Synapse POC and comparison with Azure Databricks
I took a look at Azure Synapse and compared it against Azure Databricks.
I am sharing some personal observations from a brief POC, and this is not to be construed as a recommendation or endorsement for either product.
At first glance, Azure Synapse and Databricks seem like analogous solutions in the context of big-data ecosystems. There is mostly a one-to-one correspondence between their components:
- A “workspace” is the top-level context for both
- Workspaces have Spark runtimes - Spark pools in Synapse, Clusters in Databricks
- Workspaces have notebooks (based on Jupyter), which connect to Spark pools/clusters
- Workspaces have SQL endpoints - Serverless SQL pools in Synapse, SQL endpoints in Databricks
- Workspaces have a catalog that serves as the Hive metastore, with a lifecycle tied to the workspace rather than individual Spark pools/clusters. This catalog is a “lake database” in Synapse.
- Both Databricks and Synapse support Delta Lake, although Synapse SQL Pool access to delta tables is read-only. (Synapse Spark pools support SQL DML operations.)
- Both support integrating with Git repositories for notebooks.
What I liked about Synapse
The main advantage I see of Synapse over Databricks is Synapse is more tightly integrated with the native Azure ecosystem, so infrastructure provisioning is simpler compared with Azure Databricks, with fewer moving parts.
Networking: In Synapse, there’s no explicit vnet configuration or IP address ranges to manage, and the concept of connecting to ADLS2 over a private endpoint is just another box to check in the Azure portal.
Similarly, egress control and exfiltration is built in, by limiting egress only to storage accounts via private endpoint. In Databricks, by comparison, egress control must be supplied explicitly by vnet configuration.
Storage authentication: Synapse gets access to ADLS2 via managed identity, rather than having to create a service principal, and then telling Databricks to use that service principal and secret for a particular ADLS2 location. This distinction may fade now that Unity catalog provides ability to use managed identity in Databricks as well.
Orchestration: the capabilities of Azure Data Factory pipelines are natively available in Azure Synapse. You can refer to Databricks jobs from Azure Data Factory or Synapse workflows too.
Access control: Active Directory users and groups are automatically reflected in Synapse without a SCIM connector.
Challenges working with Synapse
SQL pool connections are TCP connections over SQL Server port 1433. This makes it harder to connect clients through firewalls. In this respect, working with SQL endpoints feels more like working with AWS Redshift than working with Athena or Databricks SQL endpoints over HTTPS port 443.

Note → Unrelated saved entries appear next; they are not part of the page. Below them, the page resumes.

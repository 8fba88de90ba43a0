-- ===== src/Tools/Pool.antt =====
-- tools/dacp/descrete_action_pool.go: actions that wait until the action before them is popped. An
-- `int` is its 64-bit word, `A` the type of the closures, and `none` the panic on an index out of range.
use abyss_core.Prelude.{
  ℕ, zero, suc, ◌+◌, Bool, true, false, List, [], ◌∷◌, ◌++◌, Option, none, some, if◌then◌else◌,
  nat_eq,
}
use abyss_core.Prelude.Store.{◌==◌}
use Prim.Native.Nat.{◌%◌, ◌^◌}
pub mod Rooted
pub mod Pops
pub mod Draining
mod Examples

pub record DiscreteAction (A : Type 0) : Type 0 where
  pub id : ℕ
  pub action : A
  pub precursor_id : ℕ

pub record DiscreteActionPool (A : Type 0) : Type 0 where
  pub actions_ready : List (DiscreteAction A)
  pub actions_pending : List (DiscreteAction A)

module _ {A : Type 0} where
  -- NewDiscreteAction, on the action_counter, which it also gives back.
  unfoldable pub new_discrete_action : A → ℕ → ℕ → DiscreteAction A × ℕ
  new_discrete_action action precursor_id action_counter =
      let id = (action_counter + 1) % 2 ^ 64 in
      (record { id = id; action = action; precursor_id = precursor_id }, id)

  unfoldable pub make_pool : DiscreteActionPool A
  make_pool = record { actions_ready = []; actions_pending = [] }

  -- The loops of AddAction: an action of the slice has the id.
  unfoldable pub has_id : ℕ → List (DiscreteAction A) → Bool
  has_id i [] = false
  has_id i (a ∷ s) = if a.id == i then true else has_id i s

  add_ready : DiscreteAction A → DiscreteActionPool A → DiscreteActionPool A
  add_ready a p = record {
    actions_ready = p.actions_ready ++ a ∷ [];
    actions_pending = p.actions_pending;
  }

  add_pending : DiscreteAction A → DiscreteActionPool A → DiscreteActionPool A
  add_pending a p = record {
    actions_ready = p.actions_ready;
    actions_pending = p.actions_pending ++ a ∷ [];
  }

  -- AddAction, which also gives the id of the action.
  unfoldable pub add_action : DiscreteAction A → DiscreteActionPool A → ℕ × DiscreteActionPool A
  unfolding add_ready add_pending
  add_action a p =
      if has_id a.precursor_id p.actions_ready
      then (a.id, add_pending a p)
      else if has_id a.precursor_id p.actions_pending
      then (a.id, add_pending a p)
      else (a.id, add_ready a p)

  with_first :
      DiscreteAction A
      → Option (DiscreteAction A × List (DiscreteAction A))
      → Option (DiscreteAction A × List (DiscreteAction A))
  with_first a none = none
  with_first a (some (r, s)) = some (r, a ∷ s)

  -- The element at the index, and the slice without it.
  unfoldable pub take_out :
      ℕ → List (DiscreteAction A) → Option (DiscreteAction A × List (DiscreteAction A))
  unfolding with_first
  take_out index [] = none
  take_out zero (a ∷ s) = some (a, s)
  take_out (suc index) (a ∷ s) = with_first a (take_out index s)

  -- The loop of PopAction: the actions that waited for the id, and those that are still pending.
  unfoldable pub release :
      ℕ → List (DiscreteAction A) → List (DiscreteAction A) × List (DiscreteAction A)
  release i [] = ([], [])
  release i (a ∷ s) =
      let rest = release i s in
      if a.precursor_id == i then (a ∷ rest.0, rest.1) else (rest.0, a ∷ rest.1)

  -- PopAction, with what is taken out of the ready slice.
  unfoldable pub popped :
      List (DiscreteAction A)
      → Option (DiscreteAction A × List (DiscreteAction A))
      → Option (DiscreteAction A × DiscreteActionPool A)
  popped pending none = none
  popped pending (some (result, ready)) = some (
    result,
    record {
      actions_ready = ready ++ (release result.id pending).0;
      actions_pending = (release result.id pending).1;
    },
  )

  unfoldable pub pop_action :
      ℕ → DiscreteActionPool A → Option (DiscreteAction A × DiscreteActionPool A)
  pop_action index p = popped p.actions_pending (take_out index p.actions_ready)

  unfoldable pub length : List (DiscreteAction A) → ℕ
  length [] = 0
  length (a ∷ s) = suc (length s)

  unfoldable pub get_action_n : DiscreteActionPool A → ℕ
  unfolding length
  get_action_n p = length p.actions_ready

Synapse has two different concepts of database catalog: Lake Databases, and SQL Databases.
The Lake Database is the Hive metastore, analogous to Databricks or AWS Glue catalog. Spark pools can only access Lake databases; SQL pools can access both. SQL databases can also define external tables backed by ADLS2, but theses are not visible from Spark pools.
Synapse SQL pools feel similar to Redshift, in the sense that Redshift has both its own native catalog that can include both database-managed storage and external tables, and external tables inherited from a Glue catalog shared with Spark jobs.
The two types of Synapse databases have different access control models.
SQL Databases follow the SQL Server permissions model with logins, grants, roles, etc. You can have either AD users or local SQL users.
Lake databases only work with Active Directory users. Access control is performed at the storage layer and the docs specify “only Azure AD users can use tables in the lake databases”.
I tried connecting Power BI to Synapse, and found a few combinations that worked:
You can use an AAD user with both Lake databases and SQL databases. This works but may pose a problem with automating deployments via REST APIs.
You can use a SQL local username with SQL databases. This works, and even allows you to use managed identity to access the underlying ADLS2 layer for external tables (with the right
CREATE CREDENTIALcommands), but external ADLS2 tables in SQL databases will not be visible to Spark.